Objective: To develop an algorithm for identifying patients with cerebrotendinous xanthomatosis (CTX) in a cohort of individuals with neurodegenerative disorders.

Background: CTX is a rare autosomal recessive metabolic disorder of bile acid synthesis and lipid-storage caused by biallelic pathogenic variants in the CYP27A1 gene, which encodes the sterol 27-hydroxylase enzyme. Defects in this enzyme lead to abnormal bile acid synthesis and toxic accumulation of cholestanol, bile alcohols and other metabolites in the body resulting in complications like cholestasis, cataracts, tendon xanthomas, ataxia, neuropathy and neuropsychiatric manifestations [1,2]. Movement disorders (MD) in CTX are part of a broader clinical presentation and not the predominant symptom. MD have been reported in ~20-30% of CTX cases, with Parkinsonism being the most frequently reported, followed by dystonia, myoclonus and postural tremor [3,4].

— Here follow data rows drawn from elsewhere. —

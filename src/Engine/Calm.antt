-- ===== src/Engine/Calm.antt =====
-- backend/app/core/engine.py: the steps of `MamaEngine.execute` around the call of the executor.
use mama_ai.Prelude.{
  ◌≢◌, ℕ, String, ◌≡◌, Option, none, some, List, Bool-cases, inl, inr, not, ◌&&◌, ◌==◌, ◌+◌,
}
use mama_ai.Int.{pos}
use mama_ai.Approval.Registry.{create}
use mama_ai.Result.{Exc, Result}
use mama_ai.Exec.{Exec, lift}
use mama_ai.Exec.Ensures.{Ensures, returned, raised, Ensures-lift, Ensures-bind, Ensures-check}
use mama_ai.Task.{TaskRequest, same, pending, new_failed}
use mama_ai.Task.Record.{TaskRecord}
use mama_ai.TaskRegistry.{
  TaskRegistry, get, register, mark_running, complete, require, mark_waiting_approval,
}
use mama_ai.Approval.{ApprovalRecord}
use mama_ai.Approval.Registry.{ApprovalRegistry}
use mama_ai.Approval.Listing.{list}
use mama_ai.Risk.{RiskAssessment}
use mama_ai.Engine.{Payload, World, Env, Fresh, on_tasks, on_approvals}
use mama_ai.Engine.Steps.{
  ensure_found, ensure_registered, start_found, start_task, fail_with, deny_task, can_start,
}
use mama_ai.Engine.Approve.{
  find_active, waiting_result, use_or_create, get_or_create_approval, park_task, request_approval,
  approval_failed,
}

module _ {Db Ab : Type 0} where
  -- However it ends, the executed commands are `ex`.
  abbrev pub Leaves : {A : Type 0} → List String → Result A × World Db Ab → Type 0
  Leaves ex m = Ensures (λ a w. w.executed ≡ ex) (λ w. w.executed ≡ ex) m

  pub on_tasks-Leaves :
      {A : Type 0} (ex : List String) (m : Exec (TaskRegistry Payload Db) A) (w : World Db Ab)
      → w.executed ≡ ex
      → Leaves ex (on_tasks m w)
  on_tasks-Leaves ex m w e =
      Ensures-lift (m w.tasks).0 (record w { tasks = (m w.tasks).1 }) (λ a q. e) e

  pub on_approvals-Leaves :
      {A : Type 0} (ex : List String) (m : Exec (ApprovalRegistry Ab) A) (w : World Db Ab)
      → w.executed ≡ ex
      → Leaves ex (on_approvals m w)
  on_approvals-Leaves ex m w e =
      Ensures-lift (m w.approvals).0 (record w { approvals = (m w.approvals).1 }) (λ a q. e) e

  pub lift-Leaves :
      {A : Type 0} (ex : List String) (r : Result A) (w : World Db Ab)
      → w.executed ≡ ex
      → Leaves ex (lift r w)
  lift-Leaves ex r w e = Ensures-lift r w (λ a q. e) e

module _ {Db Ab : Type 0} (env : Env Db Ab) (ex : List String) where
  start_found-Leaves :
      (r : TaskRequest) (now : ℕ) (o : Option (TaskRecord Payload)) (w : World Db Ab)
      → w.executed ≡ ex
      → Leaves ex (start_found env r now o w)
  unfolding start_found
  start_found-Leaves r now none w e = raised _ w e
  start_found-Leaves r now (some x) w e = elim (Bool-cases (can_start x.status)) [
    | inl q ↦ rw q (
        Ensures-bind (on_tasks (mark_running env.save_task r.task_id now) w) _
          (on_tasks-Leaves ex (mark_running env.save_task r.task_id now) w e)
          λ y w1 e1. returned _ w1 e1)
    | inr q ↦ rw q (raised _ w e)
  ]

  pub start_task-Leaves :
      (r : TaskRequest) (now : ℕ) (w : World Db Ab)
      → w.executed ≡ ex
      → Leaves ex (start_task env r now w)
  unfolding start_task
  start_task-Leaves r now w e =
      Ensures-bind (on_tasks (get r.task_id) w) _ (on_tasks-Leaves ex (get r.task_id) w e)
        λ o w1 e1. start_found-Leaves r now o w1 e1

  pub fail_with-Leaves :
      (id message error stage : String) (a b : ℕ) (w : World Db Ab)
      → w.executed ≡ ex
      → Leaves ex (fail_with env id message error stage a b w)
  unfolding fail_with
  fail_with-Leaves id message error stage a b w e =
      Ensures-check (new_failed id message error a b) w _ (λ r q. returned r _ e) e

  pub deny_task-Leaves :
      (r : TaskRequest) (a : RiskAssessment) (fresh : Fresh) (w : World Db Ab)
      → w.executed ≡ ex
      → Leaves ex (deny_task env r a fresh w)
  unfolding deny_task
  deny_task-Leaves r a fresh w e =
      Ensures-check (new_failed r.task_id _ _ (fresh.now 0) (fresh.now 1)) w _
        (λ x q.
          Ensures-bind (on_tasks (complete env.save_task x (fresh.now 2) (fresh.now 3)) w) _
            (on_tasks-Leaves ex (complete env.save_task x (fresh.now 2) (fresh.now 3)) w e)
            λ y w1 e1. returned x _ e1)
        e

  use_or_create-Leaves :
      (r : TaskRequest) (a : RiskAssessment) (owner : String) (fresh : Fresh)
      → (o : Option ApprovalRecord) (w : World Db Ab) → w.executed ≡ ex
      → Leaves ex (use_or_create env r a owner fresh o w)
  unfolding use_or_create
  use_or_create-Leaves r a owner fresh none w e =
      on_approvals-Leaves ex
        (create env.save_approval fresh.approval_id (fresh.now 4) r.task_id owner r.command
          a.risk_level a.reasons (pos 300))
        w e
  use_or_create-Leaves r a owner fresh (some x) w e = returned x w e

  get_or_create_approval-Leaves :
      (r : TaskRequest) (a : RiskAssessment) (owner : String) (fresh : Fresh) (w : World Db Ab)
      → w.executed ≡ ex
      → Leaves ex (get_or_create_approval env r a owner fresh w)
  unfolding get_or_create_approval
  get_or_create_approval-Leaves r a owner fresh w e =
      let m = list env.save_approval none (some owner) (λ i. fresh.now (i + 100)) in
      Ensures-bind (on_approvals m w) _ (on_approvals-Leaves ex m w e)
        λ rs w1 e1. use_or_create-Leaves r a owner fresh (find_active r.task_id rs) w1 e1

  park_task-Leaves :
      (r : TaskRequest) (message : String) (now : ℕ) (w : World Db Ab)
      → w.executed ≡ ex
      → Leaves ex (park_task env r message now w)
  unfolding park_task
  park_task-Leaves r message now w e =
      Ensures-bind (on_tasks (require r.task_id) w) _ (on_tasks-Leaves ex (require r.task_id) w e)
        λ x w1 e1. elim (Bool-cases (same x.status pending)) [
          | inl q ↦ rw q (
              let m = mark_waiting_approval env.save_task r.task_id message now in
              Ensures-bind (on_tasks m w1) _ (on_tasks-Leaves ex m w1 e1)
                λ y w2 e2. returned tt w2 e2)
          | inr q ↦ rw q (returned tt w1 e1)
        ]

  pub request_approval-Leaves :
      (r : TaskRequest) (a : RiskAssessment) (owner : String) (fresh : Fresh) (w : World Db Ab)
      → w.executed ≡ ex
      → Leaves ex (request_approval env r a owner fresh w)
  unfolding request_approval
  request_approval-Leaves r a owner fresh w e =
      Ensures-bind (park_task env r _ (fresh.now 5) w) _ (park_task-Leaves r _ (fresh.now 5) w e)
        λ u w1 e1.
          Ensures-bind (get_or_create_approval env r a owner fresh w1) _
            (get_or_create_approval-Leaves r a owner fresh w1 e1)
            λ x w2 e2. Ensures-lift _ _ (λ y q. e2) e2

  pub approval_failed-Leaves :
      (r : TaskRequest) (a : RiskAssessment) (owner : String) (fresh : Fresh) (x : Exc)
      → (w : World Db Ab) → w.executed ≡ ex
      → Ensures
          (λ o w'. (w'.executed ≡ ex) × (o ≢ none))
          (λ w'. w'.executed ≡ ex)
          (approval_failed env r a owner fresh x w)
  unfolding approval_failed
  approval_failed-Leaves r a owner fresh x w e =
      Ensures-bind (get_or_create_approval env r a owner fresh w) _
        (get_or_create_approval-Leaves r a owner fresh w e)
        λ y w1 e1.
          Ensures-bind (park_task env r _ (fresh.now 5) w1) _
            (park_task-Leaves r _ (fresh.now 5) w1 e1)
            λ u w2 e2.
              Ensures-check (waiting_result r a y _ _) _ _
                (λ z q. returned (some z) _ (e2, λ n. cc)) e2

-- Registering a task also leaves the approvals alone.
module _ {Db Ab : Type 0} (env : Env Db Ab) (v : World Db Ab) where
  abbrev pub Apart : World Db Ab → Type 0
  Apart w = (w.executed ≡ v.executed) × (w.approvals ≡ v.approvals)

  on_tasks-Apart :
      {A : Type 0} (m : Exec (TaskRegistry Payload Db) A) (w : World Db Ab)
      → Apart w
      → Ensures (λ a. Apart) Apart (on_tasks m w)
  on_tasks-Apart m w e =
      Ensures-lift (m w.tasks).0 (record w { tasks = (m w.tasks).1 }) (λ a q. e) e

  ensure_found-Apart :
      (r : TaskRequest) (owner : String) (o : Option (TaskRecord Payload)) (w : World Db Ab)
      → Apart w
      → Ensures (λ a. Apart) Apart (ensure_found env r owner o w)
  unfolding ensure_found
  ensure_found-Apart r owner none w e = on_tasks-Apart (register env.save_task r) w e
  ensure_found-Apart r owner (some x) w e =
      elim (Bool-cases (not (x.owner_id == owner) && not (x.owner_id == "local-user"))) [
        | inl p ↦ rw p (raised _ w e)
        | inr p ↦ elim (Bool-cases (can_start x.status)) [
          | inl q ↦ rw (p, q) (returned x w e)
          | inr q ↦ rw (p, q) (raised _ w e)
        ]
      ]

  pub ensure_registered-Apart :
      (r : TaskRequest) (owner : String) (w : World Db Ab)
      → Apart w
      → Ensures (λ a. Apart) Apart (ensure_registered env r owner w)
  unfolding ensure_registered
  ensure_registered-Apart r owner w e =
      Ensures-bind (on_tasks (get r.task_id) w) _ (on_tasks-Apart (get r.task_id) w e)
        λ o w1 e1. ensure_found-Apart r owner o w1 e1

Method: A retrospective review of electronic health records (EHR) from a cohort of ~1000 patients with idiopathic and atypical Parkinsonism, Alzheimer’s disease, and other dementias to identify individuals presenting with cardinal clinical features associated with CTX was conducted. The search criteria included “cataract” (early onset, bilateral, idiopathic, infantile, juvenile, unexplained, unspecified, surgery or lensectomy), “diarrhea” (chronic, idiopathic, and cholestasis, “xanthomas” (tendon and tuberous). Various neuropsychiatric symptoms, signs, and cognitive decline were screened.

Results: We identified 46 individuals with a record of cataracts, 3 with diarrhea and none with xanthomas. Neurological features associated with CTX included 3 individuals with pyramidal signs, 175 with hyperintensities of cerebral white matter, 67 with dystonia, 6 with ataxia, 44 with gait disturbances, 52 with peripheral neuropathy, 5 with atypical behavior, 112 with neuropsychiatric symptoms and 344 with cognitive decline and psychiatric symptoms.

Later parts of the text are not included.